[Linux-ia64] SAL error record logging/decoding

* [Linux-ia64] SAL error record logging/decoding
@ 2003-05-07 23:41 Bjorn Helgaas
  2003-05-08  0:05 ` David Mosberger
                   ` (21 more replies)
  0 siblings, 22 replies; 23+ messages in thread
From: Bjorn Helgaas @ 2003-05-07 23:41 UTC (permalink / raw)
  To: linux-ia64

[-- Attachment #1: Type: text/plain, Size: 2001 bytes --]

The MCA/INIT/CMC/CPE log decoding currently in arch/ia64/kernel/mca.c
has some problems:

	- It doesn't know much about OEM-specific sections.
	- At boot-time, it sometimes takes so long to print
	  the log to the console that the BSP erroneously
	  assumes an AP is stuck.  This sometimes causes
	  *another* MCA.
	- The log goes ONLY to the console, where the output
	  may be lost.

So here's some fodder for discussion.  I don't claim that this is ready
for prime time; I just want to get some feedback on whether this
is a reasonable approach.

The attached patch (against 2.4.21-rc1) makes the raw, binary
error records straight from SAL available via files in /proc:

	/proc/sal/cpu<n>/{mca,init,cmc,cpe}

If you read the file, you get the raw data.  If you write "clear" to
it, you invalidate the current error record (which as I read the spec,
may potentially make another, pending record available to be read).

The idea is that

	- An rc script run at boot-time can save all the logs in
	  files, clearing each afterwards.
	- A user-level analysis tool can decode them as needed
	  (perhaps also run from the same rc script above).
	- The user-level analyzer need not be open-source, if
	  people are worried about IP in the OEM-specific sections.
	- A baseline open-source analyzer can provide at least the
	  functionality available today in the kernel decoder.

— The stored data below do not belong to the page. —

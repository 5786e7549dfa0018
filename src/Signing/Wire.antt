-- ===== src/Signing/Wire.antt =====
-- hub/security/signing.py: wire signatures and detached metadata.
use ori_skills_hub.Prelude.{
  ℕ, ◌≡◌, refl, sym, ap, subst, ◌∙◌, Text, true, Option, none, some, ◌++◌, drop, length, codes,
  text_eq, text_eq_iff, text_eq_refl, starts_with, starts_with-append, ==_iff, ok, >>=-eq-ok, ok-eq,
  guard-eq-ok, reject-eq-ok, guard-ok,
}
use ori_skills_hub.Value.{Value, str, Fields, get}
use ori_skills_hub.Signing.{
  unverified, Bytes, Crypto, or_unverified, decode_standard_base64, signature_prefix, digest_prefix,
  decode_signature, wire_signature, load_public_key, require_str, ArtifactSignatureMetadata,
  parse_artifact_metadata, verify_artifact_signature,
}

or_unverified-some : {A : Type 0} (o : Option A) (a : A) → or_unverified o ≡ ok a → o ≡ some a
or_unverified-some none a h = cc
or_unverified-some (some b) a h = ap some (ok-eq b a h)

-- A text is the canonical base64 of so many bytes.
pub record IsBase64 (c : Crypto) (n : ℕ) (value : Text) (bytes : Bytes) : Type 0 where
  pub decoded : c.b64decode value ≡ some bytes
  pub canonical : value ≡ c.b64encode bytes
  pub sized : length bytes ≡ n

pub decode_standard_base64-IsBase64 :
    (c : Crypto) (n : ℕ) (value : Text) (bytes : Bytes)
    → decode_standard_base64 c n value ≡ ok bytes
    → IsBase64 c n value bytes
unfolding decode_standard_base64
decode_standard_base64-IsBase64 c n value bytes h =
    let (bs, e, k) = >>=-eq-ok (or_unverified (c.b64decode value)) _ h in
    let (canonical, k1) = guard-eq-ok _ unverified _ k in
    let (sized, k2) = guard-eq-ok _ unverified _ k1 in
    subst (IsBase64 c n value) (ok-eq bs bytes k2) (record {
      decoded = or_unverified-some (c.b64decode value) bs e;
      canonical = sym ((text_eq_iff (c.b64encode bs) value).0 canonical);
      sized = (==_iff (length bs) n).0 sized;
    })

drop_prefix : (t : Text) → drop 8 (signature_prefix ++ t) ≡ t
drop_prefix t = refl

-- A signature that is decoded is `ed25519:` and the canonical base64 of its bytes, which are 64.
pub decode_signature-wire :
    (c : Crypto) (signature : Text) (bytes : Bytes)
    → decode_signature c signature ≡ ok bytes
    → (signature ≡ wire_signature c bytes) × (length bytes ≡ 64)
unfolding decode_signature wire_signature
decode_signature-wire c signature bytes h =
    let (_, k) = reject-eq-ok _ unverified _ h in
    let (begins, k1) = guard-eq-ok _ unverified _ k in
    let (t, e) = starts_with-append signature_prefix signature begins in
    let found = decode_standard_base64-IsBase64 c 64 (drop 8 signature) bytes k1 in
    (e ∙ ap (λ r. signature_prefix ++ r) (sym (ap (drop 8) e) ∙ found.canonical), found.sized)

-- What is signed is decoded again, where decoding undoes encoding.
pub decode_signature-wire_signature :
    (c : Crypto) (bytes : Bytes)
    → c.b64decode (c.b64encode bytes) ≡ some bytes
    → length bytes ≡ 64
    → decode_signature c (wire_signature c bytes) ≡ ok bytes
unfolding decode_signature wire_signature decode_standard_base64 text_eq starts_with
decode_signature-wire_signature c bytes back sized =
    rw (back, text_eq_refl (c.b64encode bytes), (==_iff (length bytes) 64).1 sized) refl

-- The detached metadata of these bytes: their digest, and a signature of them under the key.
pub record IsSigned (c : Crypto) (artifact_bytes : Bytes) (metadata : Fields)
    (public_key_b64 : Text) : Type 0 where
  pub signature : Bytes
  pub key : Bytes
  pub digest :
      get metadata (codes "artifact_sha256") ≡ str (digest_prefix ++ c.sha256_hex artifact_bytes)
  pub wire : get metadata (codes "signature") ≡ str (wire_signature c signature)
  pub schema : get metadata (codes "schema") ≡ str (codes "ori.skill_artifact_signature.v1")
  pub is_key : IsBase64 c 32 public_key_b64 key
  pub verified : c.verifies key signature artifact_bytes ≡ true

require_str-str : (v : Value) (s : Text) → require_str v ≡ ok s → v ≡ str s
require_str-str (str t) s h = ap str (ok-eq t s h)
require_str-str v s h = cc

-- The metadata has these texts.
abbrev Reads : Fields → ArtifactSignatureMetadata → Type 0
Reads metadata m =
    (get metadata (codes "artifact_sha256") ≡ str m.artifact_sha256)
    × (get metadata (codes "schema") ≡ str m.schema)
    × (get metadata (codes "signature") ≡ str m.signature)
    × (m.schema ≡ codes "ori.skill_artifact_signature.v1")

parse_artifact_metadata-Reads :
    (metadata : Fields) (m : ArtifactSignatureMetadata)
    → parse_artifact_metadata metadata ≡ ok m
    → Reads metadata m
unfolding parse_artifact_metadata
parse_artifact_metadata-Reads metadata m h =
    let (_, k) = guard-eq-ok _ unverified _ h in
    let (digest, e, k1) = >>=-eq-ok (require_str (get metadata (codes "artifact_sha256"))) _ k in
    let (schema, e1, k2) = >>=-eq-ok (require_str (get metadata (codes "schema"))) _ k1 in
    let (signature, e2, k3) = >>=-eq-ok (require_str (get metadata (codes "signature"))) _ k2 in
    let (v1, k4) = guard-eq-ok _ unverified _ k3 in
    let (_, k5) = guard-eq-ok _ unverified _ k4 in
    subst (Reads metadata) (ok-eq _ m k5) (
      require_str-str _ digest e,
      require_str-str _ schema e1,
      require_str-str _ signature e2,
      (text_eq_iff schema (codes "ori.skill_artifact_signature.v1")).0 v1,
    )

load_public_key-IsBase64 :
    (c : Crypto) (text : Text) (key : Bytes)
    → load_public_key c text ≡ ok key
    → IsBase64 c 32 text key
unfolding load_public_key
load_public_key-IsBase64 c text key h =
    let (bs, e, k) = >>=-eq-ok (decode_standard_base64 c 32 text) _ h in
    let (_, k1) = guard-eq-ok _ unverified _ k in
    subst (IsBase64 c 32 text) (ok-eq bs key k1) (decode_standard_base64-IsBase64 c 32 text bs e)

-- Metadata is accepted only for bytes whose SHA-256 digest it gives, with a signature in canonical
-- form that the library verifies over these bytes under the key.
pub verify_artifact_signature-IsSigned :
    (c : Crypto) (artifact_bytes : Bytes) (metadata : Fields) (public_key_b64 : Text)
    → verify_artifact_signature c artifact_bytes metadata public_key_b64 ≡ ok tt
    → IsSigned c artifact_bytes metadata public_key_b64
unfolding verify_artifact_signature
verify_artifact_signature-IsSigned c artifact_bytes metadata public_key_b64 h =
    let (m, e, k) = >>=-eq-ok (parse_artifact_metadata metadata) _ h in
    let (same, k1) = guard-eq-ok _ unverified _ k in
    let (signature, e2, k2) = >>=-eq-ok (decode_signature c m.signature) _ k1 in
    let (key, e3, k3) = >>=-eq-ok (load_public_key c public_key_b64) _ k2 in
    let (digest, schema, wire, v1) = parse_artifact_metadata-Reads metadata m e in
    record {
      signature = signature;
      key = key;
      digest = digest ∙ ap str ((text_eq_iff m.artifact_sha256 _).0 same);
      wire = wire ∙ ap str (decode_signature-wire c m.signature signature e2).0;
      schema = schema ∙ ap str v1;
      is_key = load_public_key-IsBase64 c public_key_b64 key e3;
      verified = guard-ok _ unverified k3;
    }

So, attached are the kernel patch against 2.4.21-rc1 and a simple
user program ("salinfo") to decode the logs.  Note that the kernel
patch removes the SAL clear_state_info calls from mca.c, so the error
records will be preserved until the user program can read them.
This feels like the right thing to me (only a user program
can know that the logs have been saved somewhere safe), but
no doubt there are issues here.

The user-space analyzer is derived from the current kernel code
in mca.c and should produce identical output.  For now, I left
all the code in the kernel as well, but ultimately it could be
removed.

Bjorn

[-- Attachment #2: diffs --]
[-- Type: text/x-diff, Size: 6379 bytes --]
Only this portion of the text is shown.